Material provided:
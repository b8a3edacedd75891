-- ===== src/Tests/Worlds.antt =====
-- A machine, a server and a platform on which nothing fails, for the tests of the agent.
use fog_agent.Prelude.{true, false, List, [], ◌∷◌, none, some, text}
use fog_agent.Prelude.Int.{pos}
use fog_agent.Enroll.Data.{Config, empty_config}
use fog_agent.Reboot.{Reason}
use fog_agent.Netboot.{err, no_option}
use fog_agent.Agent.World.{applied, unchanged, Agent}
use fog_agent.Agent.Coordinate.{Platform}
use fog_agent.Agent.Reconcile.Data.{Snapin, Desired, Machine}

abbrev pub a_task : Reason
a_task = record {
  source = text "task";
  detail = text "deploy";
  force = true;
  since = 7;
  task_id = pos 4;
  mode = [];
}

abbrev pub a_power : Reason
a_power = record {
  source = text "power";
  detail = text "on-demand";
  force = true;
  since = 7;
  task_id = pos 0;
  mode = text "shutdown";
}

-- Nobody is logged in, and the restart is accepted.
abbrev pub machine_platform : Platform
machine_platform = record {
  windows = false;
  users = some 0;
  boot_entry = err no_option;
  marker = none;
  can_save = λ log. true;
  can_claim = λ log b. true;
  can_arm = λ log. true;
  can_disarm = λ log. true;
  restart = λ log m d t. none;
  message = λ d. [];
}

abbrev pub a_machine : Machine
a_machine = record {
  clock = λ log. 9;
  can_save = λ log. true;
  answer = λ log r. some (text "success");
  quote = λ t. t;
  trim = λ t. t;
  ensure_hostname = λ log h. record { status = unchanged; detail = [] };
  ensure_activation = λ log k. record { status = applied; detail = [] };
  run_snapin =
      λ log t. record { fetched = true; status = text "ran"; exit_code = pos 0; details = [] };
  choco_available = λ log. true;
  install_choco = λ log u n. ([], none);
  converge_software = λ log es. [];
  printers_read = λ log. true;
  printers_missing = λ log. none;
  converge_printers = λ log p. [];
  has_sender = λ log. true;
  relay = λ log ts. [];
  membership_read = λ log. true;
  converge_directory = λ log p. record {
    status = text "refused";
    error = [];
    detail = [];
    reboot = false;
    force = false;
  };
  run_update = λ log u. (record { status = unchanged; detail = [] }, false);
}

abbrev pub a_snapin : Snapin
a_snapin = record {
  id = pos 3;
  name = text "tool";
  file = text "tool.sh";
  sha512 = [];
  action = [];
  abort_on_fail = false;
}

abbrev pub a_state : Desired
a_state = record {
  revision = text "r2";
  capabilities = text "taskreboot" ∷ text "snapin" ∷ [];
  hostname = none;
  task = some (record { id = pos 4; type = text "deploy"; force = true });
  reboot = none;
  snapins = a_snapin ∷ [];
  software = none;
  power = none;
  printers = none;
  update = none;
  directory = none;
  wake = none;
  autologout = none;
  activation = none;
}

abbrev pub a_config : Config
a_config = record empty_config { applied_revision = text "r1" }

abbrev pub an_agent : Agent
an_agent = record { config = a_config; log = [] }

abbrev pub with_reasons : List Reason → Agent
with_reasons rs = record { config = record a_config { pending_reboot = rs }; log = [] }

What you should do:
Your answer should be every line above that contains the word "deploy".

Exercise response:
  detail = text "deploy";
  task = some (record { id = pos 4; type = text "deploy"; force = true });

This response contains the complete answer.